私が使えた魔術が【血液感染】だけだった事もあるだろう。
予想以上に時間が掛かったなと思いつつ、辻神のHPが無くなるのを見守ってやった。
その布のような身体が光となって消えていく。
それと共に、周囲から何かが抜けていくような……まるで風船から空気が抜けていくような、そんな感覚を覚えた。
【『辻神の布』×3を入手しました】
【レベルが上がりました】
【ダンジョンクエスト『ダンジョン内に出現した辻神を討伐せよ』をクリアしました】
【参加人数集計……23人】
【報酬ランクを決定します。行動評価集計……完了】
【クエストクリア報酬をそれぞれのインベントリへと送信しました】
そうして、私と辻神との戦いは終わった。
終わったのだが……私はこの真っ白い空間から転移させられなかった。
「……あー、やっぱりそういう感じ?」
『そういう感じ?ではございませんよアリアドネ様』
「うぉうっ?!……ってあぁ、アルファ……って事は流石に運営が出しゃばらないといけない感じの奴なのこれ?」
『クエスト自体は問題なかったんですよ。ですがアリアドネ様の行動が問題ですね。どうされます?』
「なーるほど……私が辻神掴んだから……ふぅん、ちょっと考えさせてください」
恐らくは運営による救済措置のようなものだろう。
普通の手段ではいけない場所へと行ってしまい、戻れなくなった場合のみアルファ達AIが遣わされ、転移してくれる……そういう設定なのだと思う。
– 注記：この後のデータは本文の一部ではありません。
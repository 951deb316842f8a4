-- ===== src/Views/Endless.antt =====
-- core/internal/flow/flow.go: reach does not end for a view that draws itself in from inside a loop over
-- a field of the loop's own name, as a template for a tree does:
-- `{% for node in node.children %}{% include "tree.html" %}{% endfor %}`.
use sast_engine.Prelude.{
  ℕ, zero, suc, ◌+◌, ◌<◌, String, ◌≡◌, refl, inl, inr, true, false, none, some, List, [], ◌∷◌, ◌++◌,
  StrSet, contains, contains-insert, insert, same, same_self, select, arith, Bool-cases, same-cases,
  ap, sym, ◌∙◌,
}
use Prim.Native.String.{count, ◌++◌ as join}
use text.Mathlib.TextLemmas.{length-append}
use sast_engine.Views.{View, Rebind}
use sast_engine.Views.Reach.{
  cut, rebound, rebind_path, compose, insert_key, sort_keys, written_pairs, fingerprint, view_by_id,
  Walk, visit_key, walk_each, walk, reach,
}

-- the length of the key that a visit is remembered by
visit_key-count :
    (id name path : String)
    → count (visit_key id ((name, path) ∷ []))
      ≡ count id + count "\0" + count name + count "=" + count path + count ";"
unfolding visit_key fingerprint sort_keys insert_key written_pairs
visit_key-count id name path = omega (
  arith,
  length-append id (join "\0" (join name (join "=" (join path (join ";" ""))))),
  length-append "\0" (join name (join "=" (join path (join ";" "")))),
  length-append name (join "=" (join path (join ";" ""))),
  length-append "=" (join path (join ";" "")),
  length-append path (join ";" ""),
)

module _ (views : List View) (id name value rest : String) (v : View)
    (known : view_by_id views id ≡ some v)
    (itself : v.includes ≡ record { view = id; rebind = (name, value) ∷ [] } ∷ [])
    (childless : v.extends ≡ []) (below : cut value ≡ (name, rest))
    (named : same rest "" ≡ false) where
  rebind_path-grows :
      (path : String) → rebind_path value ((name, path) ∷ []) ≡ join path (join "." rest)
  unfolding rebind_path rebound
  rebind_path-grows path =
      let root_is : (cut value).0 ≡ name = ap (λ (c : String × String). c.0) below in
      let rest_is : (cut value).1 ≡ rest = ap (λ (c : String × String). c.1) below in
      rw (root_is, rebind_path) (rw (same_self name, rebound) (rw rest_is (rw named refl)))

  compose-grows :
      (path : String)
      → compose ((name, value) ∷ []) ((name, path) ∷ []) ≡ (name, join path (join "." rest)) ∷ []
  unfolding compose rebound select
  compose-grows path = rw (same_self name, rebind_path-grows path) refl

  compose-starts : compose ((name, value) ∷ []) [] ≡ (name, value) ∷ []
  unfolding compose rebind_path rebound select
  compose-starts = refl

  -- what was visited has a shorter key
  abbrev Shorter : Rebind → StrSet → Type 0
  Shorter m seen = (k : String) → contains seen k ≡ true → count k < count (visit_key id m)

  grows :
      (path : String)
      → count (visit_key id ((name, path) ∷ []))
        < count (visit_key id ((name, join path (join "." rest)) ∷ []))
  grows path = omega (
    arith,
    visit_key-count id name path,
    visit_key-count id name (join path (join "." rest)),
    length-append path (join "." rest),
    length-append "." rest,
  )

  longer :
      (path : String) (seen : StrSet)
      → Shorter ((name, path) ∷ []) seen
      → Shorter
          ((name, join path (join "." rest)) ∷ [])
          (insert (visit_key id ((name, path) ∷ [])) seen)
  longer path seen h k m = elim (same-cases (visit_key id ((name, path) ∷ [])) k) [
    | inl eq ↦
        let e : count k ≡ count (visit_key id ((name, path) ∷ [])) = ap count (sym eq) in
        omega (arith, e, grows path)
    | inr o ↦ omega (
      arith,
      grows path,
      h k (ground (arith, contains-insert (visit_key id ((name, path) ∷ [])) seen k)),
    )
  ]

  fresh_key : (m : Rebind) (seen : StrSet) → Shorter m seen → contains seen (visit_key id m) ≡ false
  fresh_key m seen h = elim (Bool-cases (contains seen (visit_key id m))) [
    | inl t ↦ absurd (omega (arith, h (visit_key id m) t))
    | inr f ↦ f
  ]

  abbrev after : Rebind → Walk → Walk
  after m w = record {
    seen = insert (visit_key id m) w.seen;
    out = w.out ++ record { id = id; rebind = m } ∷ [];
  }

  -- a visit that is not remembered goes on to the next
  walk-next :
      (fuel : ℕ) (m : Rebind) (w : Walk)
      → contains w.seen (visit_key id m) ≡ false
      → walk views fuel id (compose ((name, value) ∷ []) m) (after m w) ≡ none
      → walk views (suc fuel) id m w ≡ none
  unfolding walk walk_each
  walk-next fuel m w n h = rw (n, known, childless, itself, walk, walk_each) (rw h refl)

  walk-none :
      (fuel : ℕ) (path : String) (w : Walk)
      → Shorter ((name, path) ∷ []) w.seen
      → walk views fuel id ((name, path) ∷ []) w ≡ none
  unfolding walk
  walk-none zero path w h = refl
  walk-none (suc fuel) path w h =
      walk-next fuel ((name, path) ∷ []) w (fresh_key ((name, path) ∷ []) w.seen h) (
        ap (λ m. walk views fuel id m (after ((name, path) ∷ []) w)) (compose-grows path)
        ∙ walk-none fuel (join path (join "." rest)) (after ((name, path) ∷ []) w)
            (longer path w.seen h))

  starts-Shorter : Shorter ((name, value) ∷ []) (insert (visit_key id []) [])
  unfolding insert contains visit_key fingerprint sort_keys written_pairs
  starts-Shorter k m = elim (same-cases (visit_key id []) k) [
    | inl eq ↦
        let e : count k ≡ count (join id (join "\0" "")) = ap count (sym eq) in
        omega (arith, e, visit_key-count id name value, length-append id (join "\0" ""))
    | inr o ↦ absurd (ground (arith, m, o))
  ]

  walk-starts : (fuel : ℕ) → walk views fuel id [] record { seen = []; out = [] } ≡ none
  unfolding walk contains
  walk-starts zero = refl
  walk-starts (suc fuel) =
      let w : Walk = record { seen = []; out = [] } in
      walk-next fuel [] w refl (
        ap (λ m. walk views fuel id m (after [] w)) compose-starts
        ∙ walk-none fuel value (after [] w) starts-Shorter)

  -- If a view draws in itself alone, and rebinds a name to a field of that name, reach runs out of any
  -- fuel when it starts there.
  pub reach-endless : (fuel : ℕ) → reach views fuel id ≡ none
  unfolding reach contains
  reach-endless fuel = rw (walk-starts fuel, reach) refl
少し怒ったようなアルファを前にしながら私は少しだけ考え……ふと、私にもそういう事が出来るのではないか?と、あることに思い至った。
丁度、それをするための素材は手に入ったのだから後は私の運がどれほど良いか、天に祈るだけだ。
ダメだった時には、まぁ目の前のアルファに頼って転移させてもらえばいいだろう。
失敗しても問題ない、というのは中々に気分が楽になるのでありがたい。